**Task requirements:**
At the line containing "unfolding Wrote stamped", begin retyping, and continue word for word until the records below run out.

**Records shown:**
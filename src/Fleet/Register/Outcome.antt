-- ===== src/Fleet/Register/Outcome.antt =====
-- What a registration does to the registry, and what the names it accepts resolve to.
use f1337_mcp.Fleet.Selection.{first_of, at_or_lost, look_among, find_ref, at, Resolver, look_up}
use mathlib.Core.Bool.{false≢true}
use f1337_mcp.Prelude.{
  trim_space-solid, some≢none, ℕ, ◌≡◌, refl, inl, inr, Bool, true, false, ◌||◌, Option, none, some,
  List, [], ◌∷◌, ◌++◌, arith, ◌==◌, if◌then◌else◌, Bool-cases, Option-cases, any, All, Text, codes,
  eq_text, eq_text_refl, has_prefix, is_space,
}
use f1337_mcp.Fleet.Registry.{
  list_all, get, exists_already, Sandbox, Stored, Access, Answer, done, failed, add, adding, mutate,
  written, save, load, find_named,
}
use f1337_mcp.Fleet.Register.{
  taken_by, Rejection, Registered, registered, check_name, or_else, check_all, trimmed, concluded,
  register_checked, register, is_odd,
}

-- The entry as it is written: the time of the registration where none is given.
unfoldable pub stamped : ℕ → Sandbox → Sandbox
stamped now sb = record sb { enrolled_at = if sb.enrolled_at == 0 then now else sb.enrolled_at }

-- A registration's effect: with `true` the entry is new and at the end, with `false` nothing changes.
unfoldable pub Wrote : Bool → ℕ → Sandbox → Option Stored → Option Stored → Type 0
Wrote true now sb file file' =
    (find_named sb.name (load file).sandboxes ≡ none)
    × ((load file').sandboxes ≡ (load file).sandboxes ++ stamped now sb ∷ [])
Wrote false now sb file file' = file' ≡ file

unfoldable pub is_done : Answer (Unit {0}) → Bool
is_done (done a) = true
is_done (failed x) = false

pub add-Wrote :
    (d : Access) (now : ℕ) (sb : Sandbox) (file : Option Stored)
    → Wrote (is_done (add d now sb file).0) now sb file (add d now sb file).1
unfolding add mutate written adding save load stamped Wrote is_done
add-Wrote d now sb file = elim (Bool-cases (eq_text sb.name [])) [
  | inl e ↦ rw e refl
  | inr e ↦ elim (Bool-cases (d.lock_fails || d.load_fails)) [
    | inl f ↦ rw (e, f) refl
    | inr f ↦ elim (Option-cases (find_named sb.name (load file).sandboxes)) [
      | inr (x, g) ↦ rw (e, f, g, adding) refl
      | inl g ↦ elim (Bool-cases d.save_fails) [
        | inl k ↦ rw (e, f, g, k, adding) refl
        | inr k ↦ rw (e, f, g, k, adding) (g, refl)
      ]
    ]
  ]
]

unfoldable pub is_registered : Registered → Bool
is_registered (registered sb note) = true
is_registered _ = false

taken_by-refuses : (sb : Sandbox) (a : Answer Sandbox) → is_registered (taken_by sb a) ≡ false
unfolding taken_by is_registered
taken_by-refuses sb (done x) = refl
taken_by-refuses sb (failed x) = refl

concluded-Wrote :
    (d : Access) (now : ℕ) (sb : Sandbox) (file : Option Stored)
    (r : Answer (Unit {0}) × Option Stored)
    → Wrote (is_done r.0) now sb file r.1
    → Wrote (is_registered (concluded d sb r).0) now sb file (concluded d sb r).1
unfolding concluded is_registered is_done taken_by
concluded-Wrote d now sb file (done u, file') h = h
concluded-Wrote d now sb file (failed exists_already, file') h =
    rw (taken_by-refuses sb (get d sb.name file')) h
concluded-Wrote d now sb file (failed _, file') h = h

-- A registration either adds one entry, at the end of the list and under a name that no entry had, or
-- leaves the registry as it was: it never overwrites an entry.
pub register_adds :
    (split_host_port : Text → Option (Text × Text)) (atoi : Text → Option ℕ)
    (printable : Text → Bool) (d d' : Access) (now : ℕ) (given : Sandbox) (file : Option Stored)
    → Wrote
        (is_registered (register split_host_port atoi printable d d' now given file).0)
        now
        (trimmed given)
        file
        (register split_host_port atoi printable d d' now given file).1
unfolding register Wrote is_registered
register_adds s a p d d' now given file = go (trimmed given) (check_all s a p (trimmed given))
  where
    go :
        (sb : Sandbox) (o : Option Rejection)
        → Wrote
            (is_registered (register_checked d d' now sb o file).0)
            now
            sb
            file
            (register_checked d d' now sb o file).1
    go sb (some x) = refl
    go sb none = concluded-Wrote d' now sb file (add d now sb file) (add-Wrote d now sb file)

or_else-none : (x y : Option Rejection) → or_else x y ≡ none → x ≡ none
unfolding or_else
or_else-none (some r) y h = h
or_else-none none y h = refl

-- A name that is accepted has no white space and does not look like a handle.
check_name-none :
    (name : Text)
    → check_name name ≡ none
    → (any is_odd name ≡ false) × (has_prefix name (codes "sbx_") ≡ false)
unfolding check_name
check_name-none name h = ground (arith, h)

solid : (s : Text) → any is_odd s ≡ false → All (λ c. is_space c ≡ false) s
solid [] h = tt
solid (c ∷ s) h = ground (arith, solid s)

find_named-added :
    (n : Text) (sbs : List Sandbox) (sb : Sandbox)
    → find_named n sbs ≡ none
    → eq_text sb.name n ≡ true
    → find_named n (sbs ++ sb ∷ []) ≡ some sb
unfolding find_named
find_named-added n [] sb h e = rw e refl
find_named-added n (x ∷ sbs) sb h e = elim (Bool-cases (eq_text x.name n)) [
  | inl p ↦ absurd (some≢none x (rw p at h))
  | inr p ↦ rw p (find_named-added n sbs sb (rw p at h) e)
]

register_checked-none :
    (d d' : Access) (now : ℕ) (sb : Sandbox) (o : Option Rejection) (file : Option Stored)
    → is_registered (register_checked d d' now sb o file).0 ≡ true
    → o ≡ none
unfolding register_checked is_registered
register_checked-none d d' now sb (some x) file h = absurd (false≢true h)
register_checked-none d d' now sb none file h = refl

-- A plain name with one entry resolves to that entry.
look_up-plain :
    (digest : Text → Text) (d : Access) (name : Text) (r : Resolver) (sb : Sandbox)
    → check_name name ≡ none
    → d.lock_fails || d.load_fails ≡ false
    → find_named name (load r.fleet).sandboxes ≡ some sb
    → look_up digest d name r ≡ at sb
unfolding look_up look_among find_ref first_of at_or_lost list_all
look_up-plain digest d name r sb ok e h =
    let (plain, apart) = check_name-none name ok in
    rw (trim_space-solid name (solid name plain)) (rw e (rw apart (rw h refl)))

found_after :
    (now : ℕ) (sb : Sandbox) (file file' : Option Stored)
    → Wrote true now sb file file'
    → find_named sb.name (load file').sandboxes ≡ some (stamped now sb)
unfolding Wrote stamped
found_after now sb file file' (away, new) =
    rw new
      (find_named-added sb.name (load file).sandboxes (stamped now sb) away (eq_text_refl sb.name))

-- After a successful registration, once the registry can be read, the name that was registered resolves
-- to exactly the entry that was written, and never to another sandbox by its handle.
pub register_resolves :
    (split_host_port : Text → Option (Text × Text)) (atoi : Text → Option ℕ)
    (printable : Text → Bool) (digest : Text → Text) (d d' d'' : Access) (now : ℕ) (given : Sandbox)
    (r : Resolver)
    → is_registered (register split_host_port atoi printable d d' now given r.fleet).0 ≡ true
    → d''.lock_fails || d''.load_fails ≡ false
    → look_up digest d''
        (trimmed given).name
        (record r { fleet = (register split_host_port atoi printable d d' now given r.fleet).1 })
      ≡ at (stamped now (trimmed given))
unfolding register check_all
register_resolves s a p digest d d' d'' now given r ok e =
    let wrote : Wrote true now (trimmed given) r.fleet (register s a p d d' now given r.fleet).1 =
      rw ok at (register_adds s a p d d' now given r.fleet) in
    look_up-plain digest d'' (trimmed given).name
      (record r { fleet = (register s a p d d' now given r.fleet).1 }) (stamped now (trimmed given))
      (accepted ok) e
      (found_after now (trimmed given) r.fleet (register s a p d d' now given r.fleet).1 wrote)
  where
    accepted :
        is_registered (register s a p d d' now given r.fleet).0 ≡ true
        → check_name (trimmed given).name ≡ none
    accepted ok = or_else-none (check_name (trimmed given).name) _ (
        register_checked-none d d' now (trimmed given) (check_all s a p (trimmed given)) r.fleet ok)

**Task response:**
unfolding Wrote stamped
found_after now sb file file' (away, new) =
    rw new
      (find_named-added sb.name (load file).sandboxes (stamped now sb) away (eq_text_refl sb.name))

-- After a successful registration, once the registry can be read, the name that was registered resolves
-- to exactly the entry that was written, and never to another sandbox by its handle.
pub register_resolves :
    (split_host_port : Text → Option (Text × Text)) (atoi : Text → Option ℕ)
    (printable : Text → Bool) (digest : Text → Text) (d d' d'' : Access) (now : ℕ) (given : Sandbox)
    (r : Resolver)
    → is_registered (register split_host_port atoi printable d d' now given r.fleet).0 ≡ true
    → d''.lock_fails || d''.load_fails ≡ false
    → look_up digest d''
        (trimmed given).name
        (record r { fleet = (register split_host_port atoi printable d d' now given r.fleet).1 })
      ≡ at (stamped now (trimmed given))
unfolding register check_all
register_resolves s a p digest d d' d'' now given r ok e =
    let wrote : Wrote true now (trimmed given) r.fleet (register s a p d d' now given r.fleet).1 =
      rw ok at (register_adds s a p d d' now given r.fleet) in
    look_up-plain digest d'' (trimmed given).name
      (record r { fleet = (register s a p d d' now given r.fleet).1 }) (stamped now (trimmed given))
      (accepted ok) e
      (found_after now (trimmed given) r.fleet (register s a p d d' now given r.fleet).1 wrote)
  where
    accepted :
        is_registered (register s a p d d' now given r.fleet).0 ≡ true
        → check_name (trimmed given).name ≡ none
    accepted ok = or_else-none (check_name (trimmed given).name) _ (
        register_checked-none d d' now (trimmed given) (check_all s a p (trimmed given)) r.fleet ok)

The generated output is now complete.